Statewide View: Solve shortage of investments in youngest Minnesotans
From the column: "Revenue estimates a ... $17.5 billion state budget surplus. This creates a rare opportunity to catch up on sorely needed investments in Minnesota’s families and workforce."
Investing in great starts for Minnesota’s children would improve families’ budgets, children’s lives, and our state’s economy.
Providing high-quality, developmentally supportive care for young kids requires substantial resources, no way around it. Families must either give up earnings from a job or pay $16,000 on average for non-parental child care for infants and $12,000 a year for 4-year-olds. Whatever choices families make, most struggle to balance the responsibilities to both earn and provide care. Higher-quality care costs more but also delivers larger benefits to children and communities.
Minnesota suffers from a shortage of investment in our youngest kids, a shortage in what families can pay themselves and what we others invest. Across federal, state, and local programs, we invest only about $1,500 per year per child on care and education in the first five years of life, according to the Hamilton Project. In contrast, once kids turn 5, we spend nine times more annually for each of the next 13 years. This uneven pattern in Minnesota resembles the U.S. overall but falls far short of investments in the youngest children and families of other developed countries.
Our shortage of early investment leaves parents most alone when they can least afford it. Our policies strain family budgets most when parents’ earning power and credit scores are lowest . The shortage of public and private resources when kids are youngest harms child development during a critical developmental period. The quality of each child’s early experiences has lifelong impacts. Families strive to invest in a great start for their children but cannot marshal the resources.
Our early childhood care investment shortage affects families statewide, with special severity in nonmetro Minnesota , where a lack of affordable child care hampers rural economic development.
The issues predate the pandemic but COVID’s disruptions forcefully showed that parents cannot earn without robust care and education systems. The Minneapolis Federal Reserve found that mothers of young children were particularly slow to reenter the workforce since the early months of the pandemic, resulting in the absence of tens of thousands of workers. Better child care options would also help Minnesota’s businesses grow.
Public dollars invested in improved access to high-quality early care for children, especially children from more-disadvantaged families, can increase children’s lifetime earnings, improve lifelong health, and decrease both their later dependence on public programs and criminal activity. That investment can generate rates of return exceeding private capital’s returns in the stock market, meaning those funds would be better invested in young kids’ care than left in the private sector. Without this, the market under-supplies quality care, and we lose these benefits.
This impactful, demanding work makes a foreboding business proposition and an unsustainable career path. While Target can capture all the value it creates and raise wages, child care providers cannot. Child care workers will keep quitting to take higher-paying jobs in fast food and retail. Because children thrive in stable, caring relationships with adults, staff turnover driven by low wages harms care quality.
Deep underinvestment is the sector’s underlying issue, not regulation. The main cost driver is that caregivers’ attention cannot be divided very finely without harm to children’s development. Thirty high school kids can share one teacher or 150 college students can. For infants and toddlers, only a few can. Fewer children per caregiver contributes to children’s health, safety, and development, as well as reducing staff stress and turnover.

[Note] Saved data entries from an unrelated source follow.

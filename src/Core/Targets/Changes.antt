-- ===== src/Core/Targets/Changes.antt =====
-- The comparison finds exactly the targets whose slot held another value at the start.
use fidelity.Common.{
  ◌≤◌, ◌≡◌, Bool, true, false, not, none, some, List, arith, ◌==◌, length, length-take, keep, find,
}
use fidelity.Common.Sort.{sort, Ordered, take-Ordered, TotalOrder, sort-Ordered}
use fidelity.Core.Keyed.{keyed-Sweeps}
use fidelity.Core.Sweep.{sweep-keep}
use fidelity.Core.Targets.{Target, target_le, max_targets, new, redirected_since}

target_le-TotalOrder : TotalOrder target_le
unfolding target_le
target_le-TotalOrder = record { total = λ a b h. ground arith; trans = λ a b c h k. ground arith }

new-Ordered : (targets : List Target) (bound : Bool) → Ordered target_le (new targets bound).targets
unfolding new
new-Ordered targets bound =
    take-Ordered target_le max_targets (sort target_le targets)
      (sort-Ordered target_le target_le-TotalOrder targets)

pub length-new :
    (targets : List Target) (bound : Bool) → length (new targets bound).targets ≤ max_targets
unfolding new
length-new targets bound = omega (arith, length-take max_targets (sort target_le targets))

target_le-slot : (a b : Target) → target_le a b ≡ true → a.slot ≤ b.slot
unfolding target_le
target_le-slot a b h = ground arith

-- The single sweep finds exactly the targets for whose slot the first target of the start with
-- the same slot had another value, in slot order.
pub redirected_since-keep :
    (current start : List Target) (bound bound' : Bool)
    → redirected_since (new current bound) (new start bound')
      ≡ keep
          (λ t. elim (find (λ (c : Target). c.slot == t.slot) (new start bound').targets) [
            | none ↦ false
            | some c ↦ not (c.value == t.value)
          ])
          (new current bound).targets
unfolding redirected_since
redirected_since-keep current start bound bound' =
    sweep-keep
      (keyed-Sweeps (λ (t : Target). t.slot) (λ (c : Target). c.slot)
        (λ t c. not (c.value == t.value)) target_le target_le target_le-slot target_le-slot)
      (new current bound).targets (new start bound').targets (new-Ordered current bound)
      (new-Ordered start bound')
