-- ===== src/Lib.antt =====
-- Verification of the marketplace's order path: the order service with its saga and its outbox, the
-- inventory service and the payment service, and the three together; the Kafka consumer, the errors,
-- the event batcher of the analytics service, the catalog with its search index, and the user service's
-- accounts and rate limiter.
--
-- An order is created by services/order-service/internal/usecase, which checks the prices with the
-- catalog, records the order with its outbox event in one transaction, and hands it to the saga in
-- services/order-service/internal/saga. The saga sets the order's status, reserves every item with
-- services/inventory-service, charges the payment with services/payment-service, and undoes what it
-- has done if a step fails. A relay sends the events of the outbox to Kafka. Every service
-- keeps its state in PostgreSQL, and changes it in transactions of pkg/txmanager.
--
--   Prelude      names that all modules share; Prelude/Effect: the sentinel errors of
--                pkg/errors/domain.go, results, and calls that change a state
--   Database     a database call that may fail, and pkg/txmanager/txmanager.go: `statement`, `run_tx`;
--                Database/Laws: what holds whichever calls fail
--   Order        services/order-service/internal/domain (Status, Domain), internal/repository/postgres
--                (Repository) and internal/usecase (Usecase: `create_order`, `cancel_order`,
--                `update_order_status`) and internal/delivery/grpc/handler.go (Handler); Status/Graph,
--                Creation, Updates, Cancellation and Handler/Access hold the proofs
--   Outbox       the outbox: outbox_postgres.go with the transaction that it keeps, and `poll` of
--                services/order-service/internal/outbox/relay.go (Relay) and of
--                services/catalog-service/internal/outbox/relay.go (Catalog). Contents, Delivery and
--                Kept say what the statements keep of the events, Safety and Drain what polls do
--   Saga         services/order-service/internal/saga: domain.go (Types), steps.go (Steps),
--                orchestrator.go (Retry, Orchestrator: `process_order`, `handle_step_failure`, and
--                Recovery: `cancel_order`, `recover`, `recover_once`). Env is the interface of what the
--                saga calls; Store is the table of sagas, saga_postgres.go; Trace writes those calls
--                down, with their order, what they ask for and whether they returned an error; Invariant relates a saga to its calls;
--                Guarantees and Recovery/Cancel hold what a run promises; Keeps shows that a fact
--                that every call keeps is kept by processing, cancelling and recovering, and Forward
--                that a run that ends in confirmed needs only the calls that go forward
--   Inventory    services/inventory-service: the tables, inventory_postgres.go (Repository) and
--                usecase.go (Usecase: `reserve`, `release`, `get_stock`, `get_ledger`) and
--                internal/delivery/grpc/handler.go (Handler); Effects, Invariant and Guarantees hold the
--                proofs
--   Payment      services/payment-service: the tables, payment_postgres.go (Repository) and usecase.go
--                (Usecase: `process_payment`, `refund`), and internal/delivery/grpc/handler.go (Handler);
--                Effects, Invariant and Guarantees hold the proofs
--   Grpc         callers and their roles: pkg/middleware/auth.go, pkg/auth/identity.go
--   Errors       pkg/errors: kinds, registry, and the way to gRPC statuses and back; Errors/Crossing
--                follows an error from service to service
--   System       the saga, its tables, the clients of internal/infrastructure/grpcclient and the
--                handlers of the other two services in one state; System/Safety and
--                System/Confirmed hold the proofs
--   Kafka        pkg/kafka: handler.go, dlq.go, config.go; Kafka/Story is what may become of a message
--   Analytics    services/analytics-service/internal/usecase/batcher.go; Analytics/Batcher holds the
--                proofs about callers that interleave
--   Catalog      services/catalog-service: the tables, product_postgres.go (Repository), usecase.go
--                (Usecase), internal/delivery/grpc/handler.go (Handler), and the handler of its outbox
--                events with the index that it writes (Projection); Lookup and Effects say what the
--                statements leave, and Sync, for sequences of Requests, that the index follows the table
--   User         services/user-service: registration and login, usecase.go with user_postgres.go
--                (Accounts), and internal/ratelimit: the limiter of both (RateLimit); Accounts/Login and
--                RateLimit/Window hold the proofs
--
-- The saga runs over any environment `Env`: a state, and calls that change it and may fail, in any
-- manner. Its mutable `*Saga` is passed on explicitly. A service's state is its tables, with a
-- schedule that says of each database call whether it is answered, refused, or takes effect while its
-- answer is lost; a theorem holds for all schedules where it does not say otherwise. A uuid and a time
-- are numbers; a new one is a parameter. A Go error is the sentinel that it wraps; texts and logging are left out. An amount and a
-- quantity are natural numbers, since the validation of the requests refuses negative ones; int32 and
-- int64 arithmetic wraps where the code's does, and is kept as a bit pattern, which from 2^31 or 2^63 on
-- stands for a negative number. Contexts are left out: a deadline is a failed call.
--
-- Fuel and bounds: the loop of ProcessOrder runs on `process_fuel`, the number of the order's items
-- and five, of which it uses at most one for each item and four for the other steps; `retry` makes
-- `max_retries` attempts, three, as the code does.
--
-- What is outside is a parameter: uuid.Parse and UUID.String, the processor and the producer of the
-- Kafka consumer, the handler of the events in the catalog's relay, JSON and the client of
-- Elasticsearch, bcrypt and the signing of tokens, what Redis keeps of a command.
--
-- The calls of one service are taken one at a time. In inventory-service and payment-service the rows
-- that two transactions want are locked by the statements (`FOR UPDATE`, conditional `UPDATE`), and
-- PostgreSQL itself is not modelled. The use cases of the order service that change a status lock
-- nothing: of calls for one order that overlap the theorems on them say nothing, and Order/Tests has a
-- run in which a late write takes a status back. One relay polls an outbox, so no row is skipped as
-- locked. Not modelled are the gateways, the interceptors,
-- ListOrders, the lists and searches of the catalog, the notification service, the rest of the analytics
-- service, feature flags and A/B tests; generated protobuf code, configuration, metrics and
-- deployment are outside.
pub mod Prelude
pub mod Database
pub mod Errors
pub mod Grpc
pub mod Order
pub mod Outbox
pub mod Saga
pub mod Inventory
pub mod Payment
pub mod System
pub mod Kafka
pub mod Analytics
pub mod Catalog
pub mod User
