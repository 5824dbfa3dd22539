-- ===== src/Prelude/Effect.antt =====
-- Go's error values and calls that change a state and may return an error: the sentinel errors of
-- pkg/errors/domain.go, a result, and a state monad over any state. The texts of errors are left
-- out; an error that wraps a sentinel by `%w` is that sentinel.
use mathlib.Core.Path.{◌≡◌, refl}
use mathlib.Core.Logic.{◌⊎◌, inl, inr}

pub data Error : Type 0 where
  not_found already_exists invalid_argument invalid_credentials permission_denied : Error
  conflict insufficient_stock failed_precondition unauthenticated unavailable : Error
  deadline_exceeded other : Error

pub data Result {ℓ} (A : Type ℓ) : Type ℓ where
  ok : A → Result A
  err : Error → Result A

-- A call: it returns a result and the state that it left, also where it failed.
abbrev pub Action : Type 0 → Type 0 → Type 0
Action S A = S → Result A × S

abbrev pub pure : {S A : Type 0} → A → Action S A
pure a s = (ok a, s)

abbrev pub fail : {S A : Type 0} → Error → Action S A
fail e s = (err e, s)

infixl 5 ◌>>=◌ ◌>>◌
abbrev pub ◌>>=◌ : {S A B : Type 0} → Action S A → (A → Action S B) → Action S B
◌>>=◌ m f s = let (r, s') = m s in elim r [ ok a ↦ f a s' | err e ↦ (err e, s') ]

abbrev pub ◌>>◌ : {S A B : Type 0} → Action S A → Action S B → Action S B
m >> k = m >>= λ _. k

pub Result-cases {ℓ} :
    {A : Type ℓ} (r : Result A) → ((a : A) × (r ≡ ok a)) ⊎ ((e : Error) × (r ≡ err e))
Result-cases (ok a) = inl (a, refl)
Result-cases (err e) = inr (e, refl)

Weakening child-to-staff ratios may reduce financial costs and alleviate child care shortages in the short term. However, it worsens children’s development. Regulation that does not improve care quality should and is being reformed, but it’s fantasy to pretend that regulatory reform can meaningfully lower costs without harming quality and child development. Rather than make care worse, we can make it better and more affordable.
Our state laid out a plan in the Great Start Task Force recommendations to ensure we have a stable, professional early childhood workforce so kids can experience stable care. This includes revising how the state pays providers, looking at the true cost of quality care, increasing early care, and education compensation so they are paid in a way that reflects the full value they create.
The Minnesota Department of Revenue estimates an historic $17.5 billion state budget surplus. This creates a rare opportunity to catch up on sorely needed investments in Minnesota’s families and workforce. Few public investments offer as much broadly shared benefit as high-quality early childhood care and education. In addition to strengthening young families, the public at large — from the businesses that employ young parents to the future economy that depends on a highly skilled workforce — will reap benefits.
Aaron Sojourner of Minneapolis is a labor economist at the W.E. Upjohn Institute for Employment Research (upjohn.org), is a member of the Minnesota State Advisory Council on Early Childhood Care and Education, and is a former senior economist for labor at the White House Council of Economic Advisers under Presidents Barack Obama and Donald Trump. He wrote this for the News Tribune.